Là-bas, c’est la mine

Plage de Damgan (Morbihan), un soir de juillet. Je regarde vers le sud-est, en direction de l’estuaire de la Vilaine. Une falaise brille sous le soleil, envoyant ses lueurs orangées et rougeoyantes vers un appareil-photo qui ne se lasse pas de zoomer sur ce paysage-là. Il s’agit de la plage de la Mine d’Or, à Pénestin (Morbihan aussi) :


On pourrait penser que le nom du lieu vient de la sublime lumière du soleil rasant. C’est bien moins poétique que ça (quoique …). Il y a simplement eu de l’or sur cette plage et cette falaise en a chopé des miettes.

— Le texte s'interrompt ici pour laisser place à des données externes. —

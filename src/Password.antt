-- ===== src/Password.antt =====
-- server/password.go: asking for a mailed reset link, and setting the password with it. FreeIPA is
-- a parameter.
pub mod Elsewhere
pub mod Policy
pub mod Laws
pub mod Once
pub mod Change
mod Tests
use mokey.Base.{
  Bool, List, Option, String, [], if◌then◌else◌, nat_eq, none, not, some, string_eq, ℕ, ◌&&◌, ◌++◌,
  ◌==◌, ◌∷◌,
}
use mokey.Storage.{Storage, Codec}
use mokey.Directory.{User, UserMethods, Response, Effect, audit, mail, render, status}
use mokey.Token.{Claims, Token, Branca, TokenConfig, parse_token, mark_token_used, err, ok}
use mokey.Auth.{invalidate_user_sessions, is_blocked, text}
use mokey.Password.Elsewhere.{password_elsewhere}
use mokey.Lockout.{pw_policy_show, PolicyService}
use mokey.Password.Policy.{PasswordRules, validate_password}

-- goipa's answer to `SetPassword`.
pub data SetResult : Type 0 where
  password_set policy_refused invalid_password set_failed : SetResult

pub record PasswordService : Type 1 where
  pub State : Type 0
  pub user_show : State → String → Option User
  -- config_show's default types; none if FreeIPA does not answer.
  pub default_auth_types : State → List String
  pub policies : State → PolicyService
  pub reset_password : State → String → Option String × State
  pub set_password : State → String → String → String → String → SetResult × State

abbrev pub token_password_reset : String
token_password_reset = "reset"

pub record ResetForm : Type 0 where
  pub password : String
  pub password_confirm : String
  pub otp : String

-- validatePassword, under the policy of the user; without one where it cannot be read.
unfoldable pub check_form :
    (ipa : PasswordService) → PasswordRules → ipa.State → String → ResetForm → Option String
unfolding pw_policy_show validate_password
check_form ipa rules s username form =
    validate_password rules form.password form.password_confirm username
      (pw_policy_show (ipa.policies s) username)

-- The account that a link resets, or the line of the audit trail that turning it down leaves.
pub data ResetTarget : Type 0 where
  no_target : Option Effect → ResetTarget
  target : Token → User → ResetTarget

module _ {Bytes : Type 0} (db : Storage Bytes) (json : Codec Bytes Claims) (ints : Codec Bytes ℕ)
    (b : Branca Bytes) (text : String → Bytes) (tokens : TokenConfig) (ipa : PasswordService)
    (methods : UserMethods) (rules : PasswordRules) (idle_timeout : ℕ) where
  pub record World : Type 0 where
    pub store : db.State
    pub dir : ipa.State
    pub effects : List Effect

  abbrev pub emit : World → Effect → World
  emit w e = record w { effects = w.effects ++ e ∷ [] }

  -- passwordElsewhere of a user, by the directory's default.
  unfoldable pub elsewhere : ipa.State → User → String
  unfolding password_elsewhere
  elsewhere s user = password_elsewhere user.auth_types (ipa.default_auth_types s)

  -- Whom a reset link is for; every other link is answered with 404.
  unfoldable pub reset_target : World → ℕ → String → ResetTarget
  unfolding elsewhere parse_token
  reset_target w now token =
      elim (parse_token db json b text tokens w.store now token token_password_reset) [
        | err e ↦ no_target none
        | ok claims ↦ elim (ipa.user_show w.dir claims.username) [
          | none ↦ no_target none
          | some user ↦
              if user.locked
              then no_target (
                  some (
                    audit "AUDIT Attempt to reset password for disabled/locked user"
                      claims.username))
              else if not (elsewhere w.dir user == "")
              then no_target (
                  some (
                    audit "AUDIT Attempt to reset password for user without a FreeIPA password"
                      claims.username))
              else target claims user
        ]
      ]

  -- The end of PasswordReset: the link is used up, the user's sessions end, and the user is told.
  unfoldable pub finish_reset : World → ℕ → String → Token → User → World × Response
  unfolding mark_token_used invalidate_user_sessions
  finish_reset w now token claims user =
      let s = mark_token_used db json b text tokens w.store now token token_password_reset claims in
      let w' = record w {
        store = invalidate_user_sessions db ints idle_timeout s now user.username;
      } in
      (
        emit (emit w' (mail "password-changed" user.username))
            (audit "AUDIT User password changed successfully" user.username),
        render "password-reset-success.html",
      )

  unfoldable pub answer_set : SetResult → World → ℕ → String → Token → User → World × Response
  unfolding finish_reset
  answer_set password_set w now token claims user = finish_reset w now token claims user
  answer_set policy_refused w now token claims user = (w, status 400 "account.weak_password")
  answer_set invalid_password w now token claims user = (w, status 400 "otptoken.invalid_otp")
  answer_set set_failed w now token claims user = (w, status 500 "account.system_error")

  -- The form is complete: FreeIPA gives a random password, which is then changed.
  unfoldable pub set_new : World → ℕ → String → Token → User → ResetForm → World × Response
  unfolding answer_set
  set_new w now token claims user form =
      let (random, dir) = ipa.reset_password w.dir user.username in
      elim random [
        | none ↦ (record w { dir = dir }, status 500 "account.system_error")
        | some temporary ↦
            let (result, dir') =
              ipa.set_password dir user.username temporary form.password form.otp in
            answer_set result (record w { dir = dir' }) now token claims user
      ]

  -- PasswordReset; none is the GET that shows the form.
  unfoldable pub password_reset : World → ℕ → String → Option ResetForm → World × Response
  unfolding reset_target set_new
  password_reset w now token posted = elim (reset_target w now token) [
    | no_target line ↦ (elim line [ none ↦ w | some e ↦ emit w e ], status 404 "")
    | target claims user ↦ elim posted [
      | none ↦ (w, render "password-reset.html")
      | some form ↦
          if methods.otp_only user && form.otp == ""
          then (w, status 400 "otptoken.enter_6_digit_code_help")
          else elim (check_form ipa rules w.dir user.username form) [
            | some message ↦ (w, status 400 message)
            | none ↦ set_new w now token claims user form
          ]
    ]
  ]

  -- PasswordForgot for an account: the mail that it gets; making the mail makes its token.
  unfoldable pub forgot_mail : World → User → World
  unfolding elsewhere
  forgot_mail w user =
      if user.locked
      then emit w (audit "AUDIT Forgot password attempt for disabled/locked user" user.username)
      else if not (elsewhere w.dir user == "")
      then emit
          (emit w (
            audit "AUDIT Forgot password attempt for user without a FreeIPA password"
              user.username))
          (mail "password-elsewhere" user.username)
      else emit w (mail "password-reset" user.username)

  -- PasswordForgot, of a posted name; `captcha` is what verifyCaptcha found wrong.
  unfoldable pub password_forgot :
      (String → Bool) → List String → World → Option String → String → World × Response
  unfolding forgot_mail is_blocked
  password_forgot ad_trust_username block_users w captcha username =
      if ad_trust_username username
      then (w, status 400 "password.managed_by_ad")
      else elim captcha [
        | some message ↦ (w, status 400 message)
        | none ↦
            if is_blocked block_users username
            then (
              emit w (audit "AUDIT Forgot password attempt for blocked username" username),
              render "password-forgot-success.html",
            )
            else elim (ipa.user_show w.dir username) [
              | none ↦ (
                emit w (audit "AUDIT Forgot password attempt for unknown username" username),
                render "password-forgot-success.html",
              )
              | some user ↦ (forgot_mail w user, render "password-forgot-success.html")
            ]
      ]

On a même un peu exploité cet or à la fin du XIXe siècle, mais le filon était trop maigre pour nourrir correctement son homme. Point de ruée vers l’or façon western dans le Morbihan, par contre on y a pendant un temps exploité un filon d’étain ; la rumeur dit même que le nom de « Pénestin » vient de cette extraction-là, mais aucune preuve.

Un vieil amer

Sud du Morbihan, commune de Damgan, un peu à l’écart des touristes, qui préfèrent la plage. Nous sommes à l’embouchure de la rivière de Penerf, plus précisément à la pointe du Lenn. Il y a là, sur le rocher, une construction un peu atypique :


Il s’agit de la Tour des Anglais, dont l’origine du nom n’est pas bien éclaircie à ce jour. Avant 1925, les cartes la mentionnent sous le nom de « Tour de Pénerf ». De même, on ignore sa date de construction : des textes nous apprennent qu’elle remonte à François Ier, mais lequel ? le roi de France (1515-1547) ou le Duc de Bretagne (1442-1450) ? Bref, la chose est ancienne. Malgré une restauration en 1978, l’inventaire des Monuments historiques considère la tour comme en mauvais état, il se pourrait même que l’alliance tempêtes / fortes marées finisse par l’abattre. Il faut dire qu’elle est dans la ligne de mire des courants d’ouest :

 

A quoi servait cette chose ? assez sûrement de phare lors de sa construction, mais rien à voir avec nos phares modernes, on parle d’ailleurs de « tour à feu ». C’est encore aujourd’hui un amer, c’est-à-dire un simple repère pour les navires. Quelques sites web consultés de-ci de-là évoquent vaguement un élément défensif, mais sans certitude.

Collection # 104

Promenons-nous dans les bois
Ile d’Oléron, juillet 2011

Regardez-le bien, regardez-le mieux

Qu’est-ce qu’il faut regarder ? le vieux port du Château d’Oléron, qui abrite les plates des ostréiculteurs locaux, et qui est si joli vu d’en haut :


En effet, les plates vont migrer vers un bassin tout neuf, plus grand, mais peut-être moins bien situé (sauf pour le chouette resto « La Courtine », dont la terrasse calme donnera pile dessus) :

Les travaux à eux seuls ont été une aventure. Des malfaçons, des problèmes divers trop techniques pour que j’y comprenne quelque chose, ont offert à l’ensemble deux bonnes années de retard. Même aujourd’hui, alors que le plus gros est achevé, les plates restent dans le vieux port : les nouveaux appontements devaient être livrés il y a deux semaines, on attend toujours (voir article de Sud-Ouest de mars 2011).